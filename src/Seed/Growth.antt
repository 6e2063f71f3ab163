-- ===== src/Seed/Growth.antt =====
-- Steps of the seed that only add: what is found in a table before is found after.
use mathlib.Core.Path.{subst}
use sirius_vkr.Prelude.{
  ℕ, zero, suc, Bool-cases, ◌≡◌, refl, sym, ap, ◌∙◌, Bool, true, false, ◌||◌, String, Option, none,
  some, List, [], ◌∷◌, ◌++◌, length, ◌==◌, str_eq, arith, inl, inr, is_some, if_property,
}
use sirius_vkr.Sql.{exists, first, eq_null}
use sirius_vkr.Sql.Laws.{exists-append}
use sirius_vkr.Models.Access.{User}
use sirius_vkr.Models.People.{Student}
use sirius_vkr.Models.Learning.{Badge, Course}
use sirius_vkr.Database.{Db}
use sirius_vkr.Exec.{Exec, Error, Result, ok, pure, or_raise, raise_if, ◌>>=◌}
use sirius_vkr.Exec.Laws.{bind_cases}
use sirius_vkr.Auth.Service.{get_user_by_email}
use sirius_vkr.Learning.Subjects.{resolve_student_for_user}
use sirius_vkr.Seed.State.{
  Seeder, uuid4, now, query, execute, commit, draw, for_each, for_collect, repeat_collect,
}

abbrev pub has_badge : String → Db → Bool
has_badge code db = exists (λ (x : Badge). str_eq x.code code) db.badges

-- Badges, accounts, students and courses that one state holds, another one holds.
pub record Grows (db db' : Db) : Type 0 where
  pub badge : (code : String) → has_badge code db ≡ true → has_badge code db' ≡ true
  pub account :
      (email : String) (u : User)
      → get_user_by_email email db ≡ some u
      → get_user_by_email email db' ≡ some u
  pub student :
      (k : ℕ)
      → is_some (resolve_student_for_user k db) ≡ true
      → is_some (resolve_student_for_user k db') ≡ true
  pub course : (length db.courses == 0) ≡ false → (length db'.courses == 0) ≡ false

pub Grows-refl : (db : Db) → Grows db db
Grows-refl db = record {
  badge = λ c h. h;
  account = λ e u h. h;
  student = λ k h. h;
  course = λ h. h;
}

pub Grows-trans : {a b c : Db} → Grows a b → Grows b c → Grows a c
Grows-trans g h = record {
  badge = λ c e. h.badge c (g.badge c e);
  account = λ e u x. h.account e u (g.account e u x);
  student = λ k x. h.student k (g.student k x);
  course = λ x. h.course (g.course x);
}

-- A step that grows the tables of its transaction whenever it returns.
pub record IsGrowing {A : Type 0} (m : Exec Seeder A) : Type 0 where
  pub grows :
      (w : Seeder) (a : A) → (m w).0 ≡ ok a → Grows w.session.pending (m w).1.session.pending

module _ {A : Type 0} where
  pub pure-IsGrowing : (a : A) → IsGrowing (pure a)
  pure-IsGrowing a = record { grows = λ w b h. Grows-refl w.session.pending }

  pub or_raise-IsGrowing : (o : Option A) (e : Error) → IsGrowing (or_raise o e)
  or_raise-IsGrowing none e = record { grows = λ w b h. Grows-refl w.session.pending }
  or_raise-IsGrowing (some a) e = record { grows = λ w b h. Grows-refl w.session.pending }

  pub draw-IsGrowing : (f : ℕ → A) → IsGrowing (draw f)
  draw-IsGrowing f = record { grows = λ w b h. Grows-refl w.session.pending }

  pub query-IsGrowing : (f : Db → A) → IsGrowing (query f)
  query-IsGrowing f = record { grows = λ w b h. Grows-refl w.session.pending }

pub uuid4-IsGrowing : IsGrowing uuid4
uuid4-IsGrowing = record { grows = λ w b h. Grows-refl w.session.pending }

pub now-IsGrowing : IsGrowing now
now-IsGrowing = record { grows = λ w b h. Grows-refl w.session.pending }

pub commit-IsGrowing : IsGrowing commit
commit-IsGrowing = record { grows = λ w b h. Grows-refl w.session.pending }

pub raise_if-IsGrowing : (c : Bool) (e : Error) → IsGrowing (raise_if {S = Seeder} c e)
raise_if-IsGrowing c e = record { grows = λ w b h. Grows-refl w.session.pending }

pub execute-IsGrowing : (f : Db → Db) → ((db : Db) → Grows db (f db)) → IsGrowing (execute f)
execute-IsGrowing f g = record { grows = λ w b h. g w.session.pending }

module _ {A B : Type 0} where
  pub bind-IsGrowing :
      (m : Exec Seeder A) (f : A → Exec Seeder B)
      → IsGrowing m
      → ((a : A) → IsGrowing (f a))
      → IsGrowing (m >>= f)
  bind-IsGrowing m f g h = record {
    grows = λ w b e. elim (bind_cases m f w) [
      | inl (x, raised, whole) ↦ absurd (cc)
      | inr (a, returned, whole) ↦
          subst (λ (t : Result B × Seeder). Grows w.session.pending t.1.session.pending) (sym whole)
            (Grows-trans (g.grows w a returned)
              ((h a).grows (m w).1 b (sym (ap (λ t. t.0) whole) ∙ e)))
    ];
  }

pub for_each-IsGrowing :
    {A : Type 0} (xs : List A) (f : A → Exec Seeder (Unit {0}))
    → ((a : A) → IsGrowing (f a))
    → IsGrowing (for_each xs f)
for_each-IsGrowing [] f g = pure-IsGrowing tt
for_each-IsGrowing (x ∷ xs) f g =
    bind-IsGrowing (f x) (λ _. for_each xs f) (g x) (λ _. for_each-IsGrowing xs f g)

pub for_collect-IsGrowing :
    {A B : Type 0} (xs : List A) (f : A → Exec Seeder B)
    → ((a : A) → IsGrowing (f a))
    → IsGrowing (for_collect xs f)
for_collect-IsGrowing [] f g = pure-IsGrowing []
for_collect-IsGrowing (x ∷ xs) f g = bind-IsGrowing (f x) _ (g x) (λ y.
    bind-IsGrowing (for_collect xs f) _ (for_collect-IsGrowing xs f g)
      (λ ys. pure-IsGrowing (y ∷ ys)))

pub repeat_collect-IsGrowing :
    {B : Type 0} (n : ℕ) (m : Exec Seeder B) → IsGrowing m → IsGrowing (repeat_collect n m)
repeat_collect-IsGrowing zero m g = pure-IsGrowing []
repeat_collect-IsGrowing (suc n) m g = bind-IsGrowing m _ g (λ y.
    bind-IsGrowing (repeat_collect n m) _ (repeat_collect-IsGrowing n m g)
      (λ ys. pure-IsGrowing (y ∷ ys)))

-- The step leaves the four tables alone.
pub Grows-other :
    (db db' : Db)
    → db'.badges ≡ db.badges
    → db'.users ≡ db.users
    → db'.students ≡ db.students
    → db'.courses ≡ db.courses
    → Grows db db'
unfolding get_user_by_email resolve_student_for_user
Grows-other db db' b u s c = record {
  badge = λ code h. rw b h;
  account = λ e x h. rw u h;
  student = λ k h. rw s h;
  course = λ h. rw c h;
}

pub ruleset growing = (
  pure-IsGrowing, or_raise-IsGrowing, draw-IsGrowing, query-IsGrowing, uuid4-IsGrowing,
  now-IsGrowing, commit-IsGrowing, raise_if-IsGrowing, execute-IsGrowing, bind-IsGrowing,
  for_each-IsGrowing, for_collect-IsGrowing, repeat_collect-IsGrowing, Grows-other, refl,
)

first-append_some :
    {A : Type 0} (p : A → Bool) (xs ys : List A) (a : A)
    → first p xs ≡ some a
    → first p (xs ++ ys) ≡ some a
first-append_some p [] ys a h = cc
first-append_some p (x ∷ xs) ys a h = ground (arith, first-append_some p xs ys a, h)

-- Accounts behind the others.
pub Grows-users : (us : List User) (db : Db) → Grows db (record db { users = db.users ++ us })
unfolding get_user_by_email resolve_student_for_user
Grows-users us db = record {
  badge = λ c h. h;
  account = λ e u h. first-append_some (λ (v : User). str_eq v.email e) db.users us u h;
  student = λ k h. h;
  course = λ h. h;
}

pub Grows-badge_rows :
    (bs : List Badge) (db : Db) → Grows db (record db { badges = db.badges ++ bs })
unfolding get_user_by_email resolve_student_for_user
Grows-badge_rows bs db = record {
  badge = λ c h.
      exists-append (λ (x : Badge). str_eq x.code c) db.badges bs
      ∙ ap (λ b. b || exists (λ (x : Badge). str_eq x.code c) bs) h;
  account = λ e u h. h;
  student = λ k h. h;
  course = λ h. h;
}

student_found :
    (k : ℕ) (ss ts : List Student)
    → is_some (
        let o : Option ℕ = elim (first (λ (s : Student). eq_null s.user_id k) ss) [
          | none ↦ none
          | some s ↦ some s.id
        ] in
        o)
      ≡ true
    → is_some (
        let o : Option ℕ = elim (first (λ (s : Student). eq_null s.user_id k) (ss ++ ts)) [
          | none ↦ none
          | some s ↦ some s.id
        ] in
        o)
      ≡ true
student_found k [] ts h = cc
student_found k (s ∷ ss) ts h = elim (Bool-cases (eq_null s.user_id k)) [
  | inl here ↦ rw here refl
  | inr there ↦ rw there (student_found k ss ts (rw there at h))
]

pub Grows-students :
    (ts : List Student) (db : Db) → Grows db (record db { students = db.students ++ ts })
unfolding get_user_by_email resolve_student_for_user
Grows-students ts db = record {
  badge = λ c h. h;
  account = λ e u h. h;
  student = λ k. student_found k db.students ts;
  course = λ h. h;
}

courses_left : (cs ds : List Course) → (length cs == 0) ≡ false → (length (cs ++ ds) == 0) ≡ false
courses_left [] ds h = cc
courses_left (c ∷ cs) ds h = ground arith

pub Grows-courses :
    (cs : List Course) (db : Db) → Grows db (record db { courses = db.courses ++ cs })
unfolding get_user_by_email resolve_student_for_user
Grows-courses cs db = record {
  badge = λ c h. h;
  account = λ e u h. h;
  student = λ k h. h;
  course = courses_left db.courses cs;
}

▸ WHAT IS EXPECTED
The answer should hold only the lines from the start of the records above through the line containing "Grows-trans g h", each set down exactly.

▸ RESULT OF THIS TASK
filename src/Seed/Growth.antt
repository 6e2063f71f3ab163
-- ===== src/Seed/Growth.antt =====
-- Steps of the seed that only add: what is found in a table before is found after.
use mathlib.Core.Path.{subst}
use sirius_vkr.Prelude.{
  ℕ, zero, suc, Bool-cases, ◌≡◌, refl, sym, ap, ◌∙◌, Bool, true, false, ◌||◌, String, Option, none,
  some, List, [], ◌∷◌, ◌++◌, length, ◌==◌, str_eq, arith, inl, inr, is_some, if_property,
}
use sirius_vkr.Sql.{exists, first, eq_null}
use sirius_vkr.Sql.Laws.{exists-append}
use sirius_vkr.Models.Access.{User}
use sirius_vkr.Models.People.{Student}
use sirius_vkr.Models.Learning.{Badge, Course}
use sirius_vkr.Database.{Db}
use sirius_vkr.Exec.{Exec, Error, Result, ok, pure, or_raise, raise_if, ◌>>=◌}
use sirius_vkr.Exec.Laws.{bind_cases}
use sirius_vkr.Auth.Service.{get_user_by_email}
use sirius_vkr.Learning.Subjects.{resolve_student_for_user}
use sirius_vkr.Seed.State.{
  Seeder, uuid4, now, query, execute, commit, draw, for_each, for_collect, repeat_collect,
}

abbrev pub has_badge : String → Db → Bool
has_badge code db = exists (λ (x : Badge). str_eq x.code code) db.badges

-- Badges, accounts, students and courses that one state holds, another one holds.
pub record Grows (db db' : Db) : Type 0 where
  pub badge : (code : String) → has_badge code db ≡ true → has_badge code db' ≡ true
  pub account :
      (email : String) (u : User)
      → get_user_by_email email db ≡ some u
      → get_user_by_email email db' ≡ some u
  pub student :
      (k : ℕ)
      → is_some (resolve_student_for_user k db) ≡ true
      → is_some (resolve_student_for_user k db') ≡ true
  pub course : (length db.courses == 0) ≡ false → (length db'.courses == 0) ≡ false

pub Grows-refl : (db : Db) → Grows db db
Grows-refl db = record {
  badge = λ c h. h;
  account = λ e u h. h;
  student = λ k h. h;
  course = λ h. h;
}

pub Grows-trans : {a b c : Db} → Grows a b → Grows b c → Grows a c
Grows-trans g h = record {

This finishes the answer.